GirlOnPfizer · 17/01/2022 19:03

In the course of my work I have met violent offenders and criminally insane people - some whose names you would recognise. In many cases they seemed pleasant and I got no "bad feeling" around them. In fact there was a really jarring disconnect between how amiable they seemed and what I knew they had been capable of.

Separately, I can think of two men I've met, in social contexts, neither of whom I have any evidence had committed any criminal acts, who filled me with utter fear and loathing.

I don't know what to conclude from this.

user1471453601 · 17/01/2022 19:04

I'm strictly non woo, but two things have happened to me that un nerve me. I lived in a new build, and I was petrified of being alone in it. To the point where I'd bundle baby into her coat and pushchair and take her for long walks, rather than sit in that house.

Another, more kind, but still spooky. I met someone on a training course. They were lovely. On the last night, they asked me to dance with them.. While dancing, they pulled me closer so no one could hear and said "you are blaming yourself for something you didn't do. You have to recognise that it wasn't your fault. You will only hurt the victim of you keep blaming yourself.". I didn't know if I wanted to cry, throw up, or kiss them.

Whatever, they changed my life

whiteworldgettingwhiter · 17/01/2022 19:04

@Nowayoutonlydown - She text me that night and asked how I knew. Knew what? That he had raped and attempted to murder his ex.hes on some sort of lifelong thing where he has to give the details of his crime before he sleeps with someone.

This is batshit. Some people a on this thread are just daft.

Why would have been in your friend's house? Why would she have let him in? Why didn't she tell you about him when she saw toy were talking to him?

And there is NO 'lifelong thing where a criminal has to give details of his crime before he sleeps with anyone'! Where's your critical thinking? How would this ever be policed? And why on earth would anyone do this? 🙄🙄🙄

ChargingBuck · 17/01/2022 19:05

@HunterGatherer

Hmm Threads like this always end up with people recommending "The gift of fear". I actually bought it and in all honesty its an awful book. Very repetitive and serves mainly to let the author big himself up. I am old and sceptical but it's almost like a marketing ploy. And yes, I've worked in a top security mental hospital with many household name child murderers and no, none of them gave Mr the creeps. That's the thing with psychopaths they are bloody lovely, charming people on the surface of it. The best way to keep yourself safe is not to rely on "spidey senses" whatever they may be, its to raise our boys to be respectful, and to never put our trust into people who we don't really know.
All of this, especially the very last bit.

A lot of the retroactive "oh! but I sensed that man was evil, & now I've learned he is a paedo/abuser/murderer" are pure confirmation bias.

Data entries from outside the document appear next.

-- ===== src/RingStore/Flushed.antt =====
-- The flushes of `create_partition`, `rotate_internal` and `emit_builder`: unless a store is faulted, its
-- backend is flushed or the store is dirty.
use tfdb.Prelude.{
  ℕ, ◌-◌, ◌^◌, ◌≡◌, refl, ◌⊎◌, inl, inr, Bool, true, false, not, ◌||◌, List, ltb, ◌==◌, Bool-cases,
  length,
}
use tfdb.Status.{ErrorCode, Status, ok, error}
use tfdb.RingStore.Outcome.{
  Outcome, returned, stopped, chain-Outcome, if-Outcome, option-Outcome, status-Outcome,
  result-Outcome, weaken-Outcome,
}
use tfdb.Format.Partition.{PartitionOptions}
use tfdb.Format.Index.{encode_index}
use tfdb.Format.{partition_header_region_size}
use tfdb.Codec.{CompressionCodec}
use tfdb.RingStore.State.{Device, Impl, PartitionState, active, fail, index_begin, sub64}
use tfdb.RingStore.Medium.{Medium}
use tfdb.RingStore.Media.{
  settle_undurable, advance_durability, sync_failed, after_sync, record_sync, sync_media,
}
use tfdb.RingStore.Rotate.{
  write_or_fail, create_partition, install_partition, write_footer, seal_partition,
  seal_active_only, rotate_from, rotate_internal, worst_span, data_full, index_full, ensure_for,
  ensure_empty_builder_capacity,
}
use tfdb.RingStore.Emit.{
  Payload, emit_builder, emit_from, emit_with, emit_payload, write_frame, published,
  compress_builder, frame_span, too_large, no_room,
}
use tfdb.RingStore.Effects.{write_or_fail-Outcome}

module _ {S : Type 0} (dev : Device S) (m : Medium dev) where
  abbrev pub IsStill : Impl S → Type 0
  IsStill s = m.IsFlushed s.storage

  abbrev pub IsCovered : Impl S → Type 0
  IsCovered s = (s.dirty ≡ true) ⊎ IsStill s

  abbrev pub IsSafe : Impl S → Type 0
  IsSafe s = (s.faulted ≡ true) ⊎ IsCovered s

  abbrev pub Safely : ErrorCode → Impl S → Type 0
  Safely c s = IsSafe s

  abbrev Anything : Impl S → Type 0
  Anything s = Unit {0}

  fail-Safe : {Good : Impl S → Type 0} (c : ErrorCode) (s : Impl S) → Outcome Good Safely (fail c s)
  unfolding fail
  fail-Safe c s = stopped (inl refl)

  write-Safe :
      (offset : ℕ) (bs : List ℕ) (s : Impl S)
      → Outcome Anything Safely (write_or_fail dev offset bs s)
  unfolding fail
  write-Safe offset bs s = write_or_fail-Outcome dev offset bs s (λ d. tt) (λ c d. inl refl)

  settled-IsStill : (s : Impl S) → IsStill s → IsStill (settle_undurable dev s)
  unfolding settle_undurable
  settled-IsStill s h = elim (Bool-cases s.have_undurable_records) [
    | inl e ↦ rw e (m.now-IsFlushed s.storage h)
    | inr e ↦ rw e h
  ]

  after_sync-Still :
      (advances : Bool) (status : Status) (s : Impl S)
      → ((status ≡ ok) → IsStill s)
      → Outcome IsStill Safely (after_sync dev advances status s)
  unfolding sync_failed fail advance_durability
  after_sync-Still advances (error c) s h = stopped (inl refl)
  after_sync-Still true ok s h = returned (settled-IsStill _ (h refl))
  after_sync-Still false ok s h = returned (h refl)

  -- A flush that returns ok.
  pub sync_media-Still :
      (advances : Bool) (s : Impl S) → Outcome IsStill Safely (sync_media dev advances s)
  unfolding sync_media record_sync
  sync_media-Still advances s =
      let d = (dev.now s.storage).1 in
      after_sync-Still advances (dev.flush d).0 _
        (λ e. m.now-IsFlushed (dev.flush d).1 (m.flush-IsFlushed d e))

  pub create_partition-Still :
      (slot generation : ℕ) (options : PartitionOptions) (s : Impl S)
      → IsCovered s
      → Outcome IsStill Safely (create_partition dev slot generation options s)
  unfolding create_partition install_partition
  create_partition-Still slot generation options s h =
      if-Outcome (generation == 0) (λ _. stopped (inr h))
        (λ _.
          chain-Outcome
            (chain-Outcome
              (chain-Outcome (status-Outcome {Good = Anything} _ tt (λ _. inr h))
                (λ a _. write-Safe _ _ a))
              (λ b _. sync_media-Still false b))
            (λ d hd. returned hd))

  write_footer-Still :
      (p : PartitionState) (s : Impl S) → Outcome IsStill Safely (write_footer dev p s)
  unfolding write_footer
  write_footer-Still p s =
      if-Outcome (ltb s.volume.index_region_size (length (encode_index p.active_index)))
        (λ _. fail-Safe ErrorCode.internal_error s)
        (λ _.
          chain-Outcome
            (chain-Outcome
              (if-Outcome {Good = Anything} (length (encode_index p.active_index) == 0)
                (λ _. returned tt) (λ _. write-Safe _ _ s))
              (λ a _. write-Safe _ _ a))
            (λ b _. sync_media-Still false b))

  seal_partition-Still :
      (p : PartitionState) (s : Impl S) → Outcome IsStill Safely (seal_partition dev p s)
  unfolding seal_partition
  seal_partition-Still p s =
      chain-Outcome
        (chain-Outcome
          (if-Outcome {Good = Anything} s.dirty
            (λ _. weaken-Outcome (sync_media-Still true s) (λ a _. tt) (λ c a ha. ha))
            (λ _. returned tt))
          (λ a _. write_footer-Still p a))
        (λ b hb. returned hb)

  seal_active_only-Still :
      (s : Impl S) → IsCovered s → Outcome IsStill Safely (seal_active_only dev s)
  unfolding seal_active_only
  seal_active_only-Still s h =
      option-Outcome (active s) (stopped (inr h))
        (λ p _. if-Outcome p.sealed (λ _. stopped (inr h)) (λ _. seal_partition-Still p s))

  rotate_from-Still :
      (p : PartitionState) (options : PartitionOptions) (s : Impl S)
      → IsCovered s
      → Outcome IsStill Safely (rotate_from dev p options s)
  unfolding rotate_from
  rotate_from-Still p options s h =
      if-Outcome (p.header.generation == 2 ^ 64 - 1)
        (λ _. fail-Safe ErrorCode.generation_exhausted s)
        (λ _.
          chain-Outcome
            (chain-Outcome (seal_active_only-Still s h)
              (λ a ha. create_partition-Still _ _ options a (inr ha)))
            (λ b hb. returned hb))

  pub rotate_internal-Still :
      (options : PartitionOptions) (s : Impl S)
      → IsCovered s
      → Outcome IsStill Safely (rotate_internal dev options s)
  unfolding rotate_internal
  rotate_internal-Still options s h =
      option-Outcome (active s) (stopped (inr h)) (λ p _. rotate_from-Still p options s h)

  ensure_for-Covered :
      (p : PartitionState) (s : Impl S)
      → IsCovered s
      → Outcome IsCovered Safely (ensure_for dev p s)
  unfolding ensure_for
  ensure_for-Covered p s h =
      let span = (worst_span dev s.volume).0 in
      if-Outcome
        ((worst_span dev s.volume).1
          || ltb (sub64 (index_begin s.volume) partition_header_region_size) span)
        (λ _. fail-Safe ErrorCode.no_space s)
        (λ _.
          if-Outcome (data_full dev s.volume p span || index_full dev s.volume p)
            (λ _.
              weaken-Outcome (rotate_internal-Still s.next_options s h) (λ a ha. inr ha)
                (λ c a ha. ha))
            (λ _. returned h))

  pub ensure_empty_builder_capacity-Covered :
      (s : Impl S) → IsCovered s → Outcome IsCovered Safely (ensure_empty_builder_capacity dev s)
  unfolding ensure_empty_builder_capacity
  ensure_empty_builder_capacity-Covered s h =
      if-Outcome (not (length s.builder == 0)) (λ _. returned h)
        (λ e. option-Outcome (active s) (stopped (inr h)) (λ p _. ensure_for-Covered p s h))

  emit_payload-Covered :
      (p : PartitionState) (payload : Payload) (s : Impl S)
      → Outcome IsCovered Safely (emit_payload dev p payload s)
  unfolding emit_payload write_frame published
  emit_payload-Covered p payload s =
      let span = (frame_span dev s.volume payload).0 in
      if-Outcome (too_large dev s.volume payload) (λ _. fail-Safe ErrorCode.out_of_range s)
        (λ _.
          if-Outcome (no_room dev s.volume p span) (λ _. fail-Safe ErrorCode.internal_error s)
            (λ _. chain-Outcome (write-Safe _ _ s) (λ a _. returned (inl refl))))

  emit_with-Covered :
      (p : PartitionState) (codec : CompressionCodec) (s : Impl S)
      → Outcome IsCovered Safely (emit_with dev p codec s)
  unfolding emit_with
  emit_with-Covered p codec s =
      result-Outcome (compress_builder p.header.options codec s.builder) (λ c. fail-Safe c s)
        (λ compressed. emit_payload-Covered p _ s)

  emit_from-Covered :
      (p : PartitionState) (s : Impl S) → Outcome IsCovered Safely (emit_from dev p s)
  unfolding emit_from
  emit_from-Covered p s =
      option-Outcome _ (fail-Safe ErrorCode.unsupported s) (λ codec _. emit_with-Covered p codec s)

  pub emit_builder-Covered :
      (s : Impl S) → IsCovered s → Outcome IsCovered Safely (emit_builder dev s)
  unfolding emit_builder
  emit_builder-Covered s h =
      if-Outcome (length s.builder == 0) (λ e. returned h)
        (λ e.
          option-Outcome (active s) (fail-Safe ErrorCode.internal_error s)
            (λ p _. emit_from-Covered p s))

For every random "evil man" you believe you have spotted, you have missed a thousand others. You don't get to hear about the misses, but the rare hit that you had a feeling about makes you imagine you 'knew' something.

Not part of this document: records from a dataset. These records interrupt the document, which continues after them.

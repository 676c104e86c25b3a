-- ===== src/RingStore/Emitted.antt =====
-- `emit_builder` and the invariants.
use tfdb.Prelude.{ℕ, ◌≡◌, refl, ◌∙◌, true, List, [], ◌∷◌, arith, ◌==◌, length}
use tfdb.Status.{ErrorCode, Status, ok}
use tfdb.RingStore.Outcome.{
  Outcome, returned, stopped, chain-Outcome, if-Outcome, option-Outcome, weaken-Outcome,
  result-Outcome,
}
use tfdb.RingStore.State.{Device, Impl, PartitionState, active, fail}
use tfdb.RingStore.Rotate.{write_or_fail}
use tfdb.RingStore.Emit.{
  Payload, emit_builder, emit_from, emit_with, emit_payload, write_frame, published,
  compress_builder, frame_span, too_large, no_room,
}
use tfdb.Codec.{CompressionCodec}
use tfdb.RingStore.Consistent.{pending, IsConsistent, IsDrained, IsFaulted}
use tfdb.RingStore.Effects.{fail-IsFaulted, write_or_fail-Outcome}

pub length_zero : (xs : List ℕ) → ((length xs == 0) ≡ true) → xs ≡ []
length_zero [] e = refl
length_zero (x ∷ xs) e = absurd (ground arith)

module _ {S : Type 0} (dev : Device S) where
  pub fail-Outcome :
      {Good : Impl S → Type 0} (c : ErrorCode) (s : Impl S)
      → IsConsistent s
      → Outcome Good IsFaulted (fail c s)
  unfolding fail
  fail-Outcome c s h = stopped (fail-IsFaulted c s h)

  abbrev IsWaiting : ℕ → Impl S → Type 0
  IsWaiting n s = IsConsistent s × (pending s ≡ true) × (s.metrics.accepted_records ≡ n)

  written-IsWaiting :
      (n offset : ℕ) (bs : List ℕ) (s : Impl S)
      → IsWaiting n s
      → Outcome (IsWaiting n) IsFaulted (write_or_fail dev offset bs s)
  written-IsWaiting n offset bs s h =
      write_or_fail-Outcome dev offset bs s (λ d. h)
        (λ c d. fail-IsFaulted c (record s { storage = d }) h.0)

  published-Outcome :
      (n : ℕ) (q : PartitionState) (stored raw : ℕ) (s : Impl S)
      → IsWaiting n s
      → Outcome (IsDrained n) IsFaulted (ok, published dev q stored raw s)
  unfolding published
  published-Outcome n q stored raw s (((u, d), l, m), waiting, e) =
      returned (((u ∙ waiting, (λ no. absurd cc)), l, m), refl, e)

  write_frame-Outcome :
      (n : ℕ) (p : PartitionState) (payload : Payload) (span : ℕ) (s : Impl S)
      → IsWaiting n s
      → Outcome (IsDrained n) IsFaulted (write_frame dev p payload span s)
  unfolding write_frame
  write_frame-Outcome n p payload span s h =
      chain-Outcome (written-IsWaiting n _ _ s h) (λ s' k. published-Outcome n _ _ _ s' k)

  emit_payload-Outcome :
      (n : ℕ) (p : PartitionState) (payload : Payload) (s : Impl S)
      → IsWaiting n s
      → Outcome (IsDrained n) IsFaulted (emit_payload dev p payload s)
  unfolding emit_payload
  emit_payload-Outcome n p payload s h =
      let span = (frame_span dev s.volume payload).0 in
      if-Outcome (too_large dev s.volume payload) (λ _. fail-Outcome ErrorCode.out_of_range s h.0)
        (λ _.
          if-Outcome (no_room dev s.volume p span)
            (λ _. fail-Outcome ErrorCode.internal_error s h.0)
            (λ _. write_frame-Outcome n p payload span s h))

  emit_with-Outcome :
      (n : ℕ) (p : PartitionState) (codec : CompressionCodec) (s : Impl S)
      → IsWaiting n s
      → Outcome (IsDrained n) IsFaulted (emit_with dev p codec s)
  unfolding emit_with
  emit_with-Outcome n p codec s h =
      result-Outcome (compress_builder p.header.options codec s.builder) (λ c. fail-Outcome c s h.0)
        (λ compressed. emit_payload-Outcome n p _ s h)

  emit_from-Outcome :
      (n : ℕ) (p : PartitionState) (s : Impl S)
      → IsWaiting n s
      → Outcome (IsDrained n) IsFaulted (emit_from dev p s)
  unfolding emit_from
  emit_from-Outcome n p s h =
      option-Outcome _ (fail-Outcome ErrorCode.unsupported s h.0)
        (λ codec _. emit_with-Outcome n p codec s h)

  -- The builder is emptied, or the store is faulted by the error that is returned.
  pub emit_builder-Outcome :
      (s : Impl S)
      → IsConsistent s
      → Outcome (IsDrained s.metrics.accepted_records) IsFaulted (emit_builder dev s)
  unfolding emit_builder
  emit_builder-Outcome s h =
      if-Outcome (length s.builder == 0) (λ e. returned (h, length_zero s.builder e, refl))
        (λ e.
          option-Outcome (active s) (fail-Outcome ErrorCode.internal_error s h)
            (λ p _. emit_from-Outcome s.metrics.accepted_records p s (h, rw e, refl)))

  -- The invariants hold whether or not an error is latched.
  abbrev pub Anyway : ErrorCode → Impl S → Type 0
  Anyway c s = IsConsistent s

  pub forget :
      {Good : Impl S → Type 0} {m : Status × Impl S}
      → Outcome Good IsFaulted m
      → Outcome Good Anyway m
  forget h = weaken-Outcome h (λ s k. k) (λ c s k. k.0)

The facts are more about coincidence & statistics than "sensing evil".
Every single one of us has walked past dozens of rapists & muggers in the street, & not known a damn thing about it ...

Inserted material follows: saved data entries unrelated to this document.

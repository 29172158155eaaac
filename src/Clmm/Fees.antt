-- ===== src/Clmm/Fees.antt =====
-- quote/clmm.rs: the fee of a step: static, Raydium's dynamic fee, or Orca's adaptive fee, and the end of
-- the step that it asks for. A tick spacing is positive where a swap is priced, and a tick group is where
-- it was read.
pub mod Laws
use flow_trades_solana.Base.{
  ℕ, ◌+◌, ◌-◌, ◌*◌, min, max, Bool, true, false, not, Option, none, some, ◌||◌, ◌&&◌, ltb, leb,
  ◌==◌, if◌then◌else◌, ◌>>=◌, div_ceil,
}
use flow_trades_solana.Base.Int.{
  ℤ, pos, ◌+ℤ◌, ◌-ℤ◌, ◌*ℤ◌, div_euclid, div_trunc, is_multiple, leb_ℤ, ltb_ℤ, min_ℤ, max_ℤ,
  wrap_i32,
}
use flow_trades_solana.Clmm.Price.{
  min_tick, max_tick, orca_sqrt_price_at_tick, orca_tick_at_sqrt_price,
}
use flow_trades_solana.Clmm.Ticks.{TickLayout, sqrt_price_at_tick}
use flow_trades_solana.Clmm.Volatility.{volatility_accumulator_scale}
use flow_trades_solana.Clmm.Raydium.{RaydiumDynamicFee, RaydiumFeeExt}
use flow_trades_solana.Clmm.Raydium
use flow_trades_solana.Clmm.Orca.{OrcaAdaptiveFee}
use flow_trades_solana.Clmm.Orca

pub record ClmmPool : Type 0 where
  pub layout : TickLayout
  pub sqrt_price_x64 : ℕ
  pub liquidity : ℕ
  pub tick_current : ℤ
  -- A negative spacing, which the source refuses as it refuses zero, is left out.
  pub tick_spacing : ℕ
  pub fee_ppm : ℕ
  pub fee_ext : RaydiumFeeExt
  pub adaptive_fee : Option OrcaAdaptiveFee
  pub now : ℕ

-- (index, price) of the ends of the core range.
pub record OrcaStep : Type 0 where
  pub fee : OrcaAdaptiveFee
  pub group_index : ℤ
  pub core_lower : Option (ℤ × ℕ)
  pub core_upper : Option (ℤ × ℕ)

pub data StepFee : Type 0 where
  static : StepFee
  raydium_dynamic : RaydiumDynamicFee → (ts_index : ℤ) → StepFee
  orca_adaptive : OrcaStep → StepFee

-- The range beyond which the accumulator is saturated; `i32` arithmetic wraps around.
orca_start : (tick : ℤ) → (now : ℕ) → OrcaAdaptiveFee → OrcaStep
orca_start tick now before =
    let group_index = div_euclid tick before.tick_group_size in
    let fee = Orca.update_reference group_index now before in
    let group = fee.tick_group_size in
    let delta = pos (
      div_ceil (fee.max_volatility_accumulator - fee.volatility_reference)
        volatility_accumulator_scale) in
    let lo = wrap_i32 (fee.tick_group_index_reference -ℤ delta) in
    let hi = wrap_i32 (fee.tick_group_index_reference +ℤ delta) in
    let lo_tick = wrap_i32 (lo *ℤ group) in
    let hi_tick = wrap_i32 (hi *ℤ group +ℤ pos group) in
    record {
      fee = fee;
      group_index = group_index;
      core_lower =
          if ltb_ℤ min_tick lo_tick then some (lo, orca_sqrt_price_at_tick lo_tick) else none;
      core_upper =
          if ltb_ℤ hi_tick max_tick then some (hi, orca_sqrt_price_at_tick hi_tick) else none;
    }

-- `StepFee::new`.
unfoldable pub new_step_fee : ClmmPool → Option StepFee
unfolding orca_start
new_step_fee pool = elim pool.fee_ext.dynamic_fee [
  | some fee ↦
      let ts_index = div_euclid pool.tick_current pool.tick_spacing in
      some (raydium_dynamic (Raydium.update_reference ts_index pool.now fee) ts_index)
  | none ↦ elim pool.adaptive_fee [
    | none ↦ some static
    | some fee ↦
        if ltb pool.now fee.trade_enable_timestamp
        then none
        else some (orca_adaptive (orca_start pool.tick_current pool.now fee))
  ]
]

-- What a step is charged, where it must end, and whether the fee skips being re-read.
pub record Pricing : Type 0 where
  pub fee : StepFee
  pub rate : ℕ
  pub bounded : ℕ
  pub skipped : Bool

-- `clamp` takes in the saturation of the product on `i32`.
clamp_tick : ℤ → ℤ
clamp_tick t = max_ℤ min_tick (min_ℤ t max_tick)

step_raydium :
    RaydiumDynamicFee
    → (ts_index : ℤ) → (base target liquidity spacing : ℕ) → TickLayout
    → Bool
    → Option Pricing
step_raydium before ts_index base target liquidity spacing layout a_to_b =
    let fee = Raydium.update_volatility_accumulator ts_index before in
    let rate = Raydium.total_fee_rate fee base spacing in
    let end_index = if a_to_b then ts_index else ts_index +ℤ pos 1 in
    if liquidity == 0 || fee.volatility_accumulator == fee.max_volatility_accumulator
    then some (record {
      fee = raydium_dynamic fee ts_index;
      rate = rate;
      bounded = target;
      skipped = true;
    })
    else (do
      b_price ← sqrt_price_at_tick layout (clamp_tick (end_index *ℤ spacing))
      some (record {
        fee = raydium_dynamic fee ts_index;
        rate = rate;
        bounded =
            if (a_to_b && leb target b_price) || (not a_to_b && leb b_price target)
            then b_price
            else target;
        skipped = false;
      }))

-- The bound outside the core range, where there is one.
outside_core : OrcaStep → (target : ℕ) → Bool → Option ℕ
outside_core o target a_to_b =
    let above : Option ℕ = elim o.core_upper [
      | none ↦ none
      | some (hi, hi_price) ↦
          if ltb_ℤ hi o.group_index
          then some (if a_to_b then max target hi_price else target)
          else none
    ] in
    elim o.core_lower [
      | none ↦ above
      | some (lo, lo_price) ↦
          if ltb_ℤ o.group_index lo
          then some (if a_to_b then target else min target lo_price)
          else above
    ]

step_orca : OrcaStep → (base target liquidity : ℕ) → Bool → Pricing
step_orca before base target liquidity a_to_b =
    let fee = Orca.update_volatility_accumulator before.group_index before.fee in
    let o = record before { fee = fee } in
    let rate = Orca.total_fee_rate fee base in
    let group = fee.tick_group_size in
    let end_tick = if a_to_b then o.group_index *ℤ group else o.group_index *ℤ group +ℤ pos group in
    let b_price = orca_sqrt_price_at_tick (clamp_tick end_tick) in
    if fee.adaptive_fee_control_factor == 0 || liquidity == 0
    then record { fee = orca_adaptive o; rate = rate; bounded = target; skipped = true }
    else elim (outside_core o target a_to_b) [
      | some bound ↦ record { fee = orca_adaptive o; rate = rate; bounded = bound; skipped = true }
      | none ↦ record {
        fee = orca_adaptive o;
        rate = rate;
        bounded = if a_to_b then max target b_price else min target b_price;
        skipped = false;
      }
    ]

-- `StepFee::step`.
unfoldable pub step :
    StepFee → (base target liquidity spacing : ℕ) → TickLayout → Bool → Option Pricing
unfolding step_raydium step_orca clamp_tick outside_core
step static base target liquidity spacing layout a_to_b =
    some (record { fee = static; rate = base; bounded = target; skipped = true })
step (raydium_dynamic fee ts_index) base target liquidity spacing layout a_to_b =
    step_raydium fee ts_index base target liquidity spacing layout a_to_b
step (orca_adaptive o) base target liquidity spacing layout a_to_b =
    some (step_orca o base target liquidity a_to_b)

abbrev toward : Bool → ℤ → ℤ
toward a_to_b i = if a_to_b then i -ℤ pos 1 else i +ℤ pos 1

advance_raydium :
    RaydiumDynamicFee → (ts_index : ℤ) → Bool → (landed : ℤ) → (spacing : ℕ) → Bool → StepFee
advance_raydium fee ts_index skipped landed spacing a_to_b =
    let base = div_euclid landed spacing in
    let found = if not a_to_b && is_multiple landed spacing then base -ℤ pos 1 else base in
    let same = fee.volatility_accumulator == fee.max_volatility_accumulator in
    if skipped
    then raydium_dynamic (if same then fee else Raydium.update_volatility_accumulator found fee)
        (toward a_to_b found)
    else raydium_dynamic fee (toward a_to_b ts_index)

-- (tick, whether the price is the boundary of a group)
orca_landed : (sqrt_p next_tick_price : ℕ) → (next_tick : ℤ) → (group : ℕ) → Option (ℤ × Bool)
orca_landed sqrt_p next_tick_price next_tick group =
    if sqrt_p == next_tick_price
    then some (next_tick, is_multiple next_tick group)
    else (orca_tick_at_sqrt_price sqrt_p >>= λ t.
        some (t, is_multiple t group && (sqrt_p == orca_sqrt_price_at_tick t)))

advance_orca : OrcaStep → Bool → (landed : ℤ) → (on_boundary : Bool) → Bool → StepFee
advance_orca o skipped landed on_boundary a_to_b =
    let group = o.fee.tick_group_size in
    let last =
      if on_boundary && not a_to_b
      then div_trunc landed group -ℤ pos 1
      else div_euclid landed group in
    if skipped && ((a_to_b && ltb_ℤ last o.group_index) || (not a_to_b && ltb_ℤ o.group_index last))
    then orca_adaptive (record o {
      fee = Orca.update_volatility_accumulator last o.fee;
      group_index = toward a_to_b last;
    })
    else orca_adaptive (record o { group_index = toward a_to_b o.group_index })

-- `StepFee::advance`.
unfoldable pub advance :
    StepFee
    → Bool
    → (sqrt_p next_tick_price : ℕ) → (next_tick tick : ℤ) → (spacing : ℕ) → Bool
    → Option StepFee
unfolding advance_raydium orca_landed advance_orca
advance static skipped sqrt_p next_tick_price next_tick tick spacing a_to_b = some static
advance (raydium_dynamic fee ts_index) skipped sqrt_p next_tick_price next_tick tick spacing
      a_to_b =
    let landed = if sqrt_p == next_tick_price then next_tick else tick in
    some (advance_raydium fee ts_index skipped landed spacing a_to_b)
advance (orca_adaptive o) skipped sqrt_p next_tick_price next_tick tick spacing a_to_b =
    if skipped
    then (orca_landed sqrt_p next_tick_price next_tick o.fee.tick_group_size >>= λ (t, on_boundary).
        some (advance_orca o skipped t on_boundary a_to_b))
    else some (advance_orca o skipped next_tick false a_to_b)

Alexandra2001 · 17/01/2022 19:06

@MaryAndGerryLivingInDerry

You are wrong. Evil most certainly does exist. Just ask Women's Aid.

As a victim of DV I can assure you that it is all human force that abuses women.

My mum was battered black and blue, she told me years later that it was like something evil entered him, one minute nice and loving, the next a monster.

If evil doesn't exist, than neither can 'Good'

TommyShelby · 17/01/2022 19:07

@BurnDownTheDiscoHangTheDJ I had exactly the same reaction in aushwitz. Also in the building where the standing cells are. I physically couldn’t have stayed in there so I pushed my way out past everyone and almost keeled over on the steps outside. I have never had that reaction anywhere else

fairylightsandwaxmelts · 17/01/2022 19:07

I always found Rolf Harris really creepy as a child.

I remember saying so to my dad when we watched one of his art shows on TV - my dad told me not to be so silly and that he was a perfectly lovely man.

I reminded him of that conversation when he got arrested, charged and sent to prison!